I don't insulate but I wind block. I don't want brood too early in the season and I worry about that when I insulate.


----------



## Dr.Wax (Apr 30, 2008)

I attended a beekeeping conference this weekend and the experts said do not insulate- bees need ventilation. The danger is that condensation forms on the top and freezes then melts and drips cold water onto the bees.

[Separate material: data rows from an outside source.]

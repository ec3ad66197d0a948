-- ===== src/Items/Crawler.antt =====
-- The LRU crawler of memcached-1.4/items.c: its thread, which lets a pseudo item climb through the LRU
-- list of a class and drops the expired items that it meets, and the request that starts it. The
-- pointers of the lists are in Items.Queue. The thread holds lru_crawler_lock while it runs, so a
-- request starts only when no crawler is left.
pub mod Climb
pub mod Round
pub mod Loop
pub mod Request
pub mod Command
pub mod Drop
pub mod Reclaim
use reading_and_comprehense.Base.{
  ℕ, zero, suc, ◌+◌, ◌-◌, ◌%◌, ◌^◌, Bool, true, false, not, ◌&&◌, ◌||◌, Option, none, some, List,
  [], ◌∷◌, ◌++◌, ltb, leb, ◌==◌, if◌then◌else◌, update, bytes_eq,
}
use reading_and_comprehense.Memory.{Item, Flags, no_flags, add64, sub32, add32}
use reading_and_comprehense.Util.{safe_strtoul}
use reading_and_comprehense.Slabs.{power_smallest, power_max}
use reading_and_comprehense.Items.{
  Store, ItemStats, item_at, edit, refcount_incr, refcount_decr, remove_ptr, do_item_unlink,
  do_item_remove, largest_id,
}
use reading_and_comprehense.Items.Alloc.{Env, expired_or_flushed, edit_stats}

-- The array of crawlers, with the address of each, and the static variables about the thread. The
-- item part of a crawler is in the memory of the store.
pub record Crawlers : Type 0 where
  pub crawler : ℕ → ℕ
  pub remaining : ℕ → ℕ
  pub crawler_count : ℕ
  pub lru_crawler_running : Bool

pub record Crawl : Type 0 where
  pub crawlers : Crawlers
  pub store : Store

-- it_flags == 1.
abbrev pub enabled : Crawl → ℕ → Bool
enabled c i =
    let f = (item_at c.store (c.crawlers.crawler i)).flags in
    f.linked && not f.cas && not f.slabbed && not f.fetched

-- crawler_crawl_q on a list of addresses; an only crawler stays.
unfoldable pub crawl_list : ℕ → List ℕ → Option ℕ × List ℕ
crawl_list p [] = (none, [])
crawl_list p (x ∷ []) = (none, x ∷ [])
crawl_list p (x ∷ y ∷ xs) =
    let (found, rest) = crawl_list p (y ∷ xs) in
    if x == p then (none, y ∷ xs) else if y == p then (some x, p ∷ x ∷ xs) else (found, x ∷ rest)

abbrev pub set_lru : ℕ → List ℕ → Store → Store
set_lru i xs st = record st { lru = update st.lru i xs }

unfoldable pub item_crawler_evaluate : ℕ → ℕ → ℕ → Store → Store
item_crawler_evaluate search hv i st =
    let it = item_at st search in
    if expired_or_flushed st it
    then do_item_remove search (
        do_item_unlink search hv (
          edit_stats i
            (λ s. record s {
              crawler_reclaimed = add64 s.crawler_reclaimed 1;
              expired_unfetched =
                  if it.flags.fetched then s.expired_unfetched else add64 s.expired_unfetched 1;
            })
            st))
    else refcount_decr search st

-- The crawler of a class is done.
unfoldable pub retire : ℕ → Crawl → Crawl
retire i c =
    let p = c.crawlers.crawler i in
    let st = edit p (λ it. record it { flags = no_flags }) c.store in
    record {
      crawlers = record (c.crawlers) { crawler_count = sub32 c.crawlers.crawler_count 1 };
      store = set_lru i (remove_ptr p (st.lru i)) st;
    }

-- What the thread does with the item that it has come to.
unfoldable pub visit : Env → ℕ → ℕ → Store → Store
visit env i search st =
    let hv = env.hash (item_at st search).key in
    let st1 = refcount_incr search st in
    if not (env.trylock hv)
    then st
    else if not ((item_at st1 search).refcount == 2)
    then refcount_decr search st1
    else item_crawler_evaluate search hv i st1

-- `crawlers[i].remaining && --crawlers[i].remaining < 1`.
abbrev pub spent : ℕ → Bool
spent remaining = not (remaining == 0) && ltb (remaining - 1) 1

-- What follows crawler_crawl_q in the inner loop, with the item that was found and the list.
unfoldable pub crawl_found : Env → ℕ → Crawl → Option ℕ × List ℕ → Crawl
crawl_found env i c (none, xs) = retire i (record c { store = set_lru i xs c.store })
crawl_found env i c (some p, xs) =
    let left = c.crawlers.remaining i in
    let c1 : Crawl = record {
      crawlers = record (c.crawlers) { remaining = update c.crawlers.remaining i (left - 1) };
      store = set_lru i xs c.store;
    } in
    if spent left then retire i c1 else record c1 { store = visit env i p c1.store }

-- One round of the inner loop of item_crawler_thread.
unfoldable pub crawl_class : Env → ℕ → Crawl → Crawl
crawl_class env i c =
    if enabled c i
    then crawl_found env i c (crawl_list (c.crawlers.crawler i) (c.store.lru i))
    else c

-- The inner loop, over the classes from `i` on.
unfoldable pub crawl_classes : Env → ℕ → ℕ → Crawl → Crawl
crawl_classes env zero i c = c
crawl_classes env (suc rounds) i c = crawl_classes env rounds (i + 1) (crawl_class env i c)

-- `while (crawler_count)`, with fuel.
unfoldable pub crawl_loop : Env → ℕ → Crawl → Crawl
crawl_loop env zero c = c
crawl_loop env (suc fuel) c = elim (c.crawlers.crawler_count == 0) [
  | true ↦ c
  | false ↦ crawl_loop env fuel (crawl_classes env largest_id 0 c)
]

-- What item_crawler_thread does when it is woken.
unfoldable pub item_crawler_thread : Env → ℕ → Crawl → Crawl
item_crawler_thread env fuel c =
    let c1 = crawl_loop env fuel c in
    record c1 { crawlers = record (c1.crawlers) { lru_crawler_running = false } }

-- enum crawler_result_type.
pub data CrawlerResult : Type 0 where
  crawler_ok crawler_running crawler_badclass : CrawlerResult

-- The tokens of strtok_r(slabs, ","): the runs of other characters. `w` is the run before `s`.
unfoldable pub split_commas : List ℕ → List ℕ → List (List ℕ)
split_commas [] [] = []
split_commas (x ∷ w) [] = (x ∷ w) ∷ []
split_commas [] (c ∷ s) = split_commas (if c == b',' then [] else c ∷ []) s
split_commas (x ∷ w) (c ∷ s) = elim (c == b',') [
  | true ↦ (x ∷ w) ∷ split_commas [] s
  | false ↦ split_commas ((x ∷ w) ++ c ∷ []) s
]

-- `none` is a bad class.
unfoldable pub mark_classes : List (List ℕ) → (ℕ → Bool) → Option (ℕ → Bool)
mark_classes [] tocrawl = some tocrawl
mark_classes (p ∷ ps) tocrawl = elim (safe_strtoul p) [
  | none ↦ none
  | some sid ↦
      let rest = mark_classes ps (update tocrawl sid true) in
      if ltb sid power_smallest || ltb power_max sid then none else rest
]

-- The crawler of a class enters its list at the tail.
unfoldable pub start_crawler : ℕ → Crawl → Crawl
start_crawler sid c =
    let p = c.crawlers.crawler sid in
    let st =
      edit p
        (λ it. record it {
          nbytes = 0;
          key = [];
          flags = record no_flags { linked = true };
          time = 0;
          slabs_clsid = sid;
        })
        c.store in
    record {
      crawlers = record (c.crawlers) {
        remaining = update c.crawlers.remaining sid c.store.settings.lru_crawler_tocrawl;
        crawler_count = add32 c.crawlers.crawler_count 1;
      };
      store = set_lru sid (st.lru sid ++ p ∷ []) st;
    }

abbrev pub is_empty : List ℕ → Bool
is_empty [] = true
is_empty (x ∷ xs) = false

-- The last loop of lru_crawler_crawl, over the classes from `sid` on.
unfoldable pub start_crawlers : (ℕ → Bool) → ℕ → ℕ → Crawl → Crawl
start_crawlers tocrawl zero sid c = c
start_crawlers tocrawl (suc rounds) sid c =
    start_crawlers tocrawl rounds (sid + 1)
      (if tocrawl sid && not (is_empty (c.store.lru sid)) then start_crawler sid c else c)

abbrev pub w_all : List ℕ
w_all = b'a' ∷ b'l' ∷ b'l' ∷ []

-- `lock_free` is whether the trylock succeeds, `tocrawl` what the array holds before it is written.
unfoldable pub lru_crawler_crawl : Bool → (ℕ → Bool) → List ℕ → Crawl → CrawlerResult × Crawl
lru_crawler_crawl lock_free tocrawl slabs c =
    let marked : Option (ℕ → Bool) =
      if bytes_eq slabs w_all
      then some (λ sid. ltb sid largest_id || tocrawl sid)
      else mark_classes (split_commas [] slabs) tocrawl in
    if not lock_free then (CrawlerResult.crawler_running, c) else elim marked [
      | none ↦ (CrawlerResult.crawler_badclass, c)
      | some marks ↦
          let c1 = start_crawlers marks largest_id 0 c in
          (
            CrawlerResult.crawler_ok,
            record c1 { crawlers = record (c1.crawlers) { lru_crawler_running = true } },
          )
    ]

If they are a strong, healthy hive they will warm themselves overwinter.


----------



## Michael Bush (Aug 2, 2002)

http://www.mdasplitter.com/article.htm

If you look at Mel Disselkoen's article, his conclusion was that a wind break helped a lot and wrapping etc. did not. I find it makes more of a difference the smaller the cluster is and the more severe the weather is, but condensation is often a bigger issue. I cluster my hives together and cluster my nucs together with foam above and below:

http://www.bushfarms.com/images/WinteringNucs2-2007.jpg


----------



## Michael Palmer (Dec 29, 2006)

I insulate the inner cover, and I do wrap with 15 lb felt. Just finishing up the 35th year I've wrapped bees. 

I don't think it helps every year, but does often enough to keep me at it. Some years, the bees here won't have a cleansing flight from mid-November to April. By March, the bees are needing a cleansing flight. There will be days that are almost warm enough...just not quite so. I've seen such days...25-30 degrees, sunny, no wind. The black paper warms up the hive environment, both inside and out. At the end of the day, there are 4' wide strips of yellow snow in front of the hives, while there is no spotting on the snow away from the hives. Also, there are no dead bees on the snow.

Where I keep bees, you never know when you'll get a year like that.


----------



## Michael Palmer (Dec 29, 2006)

Dr.Wax said:


> The danger is that condensation forms on the top and freezes then melts and drips cold water onto the bees.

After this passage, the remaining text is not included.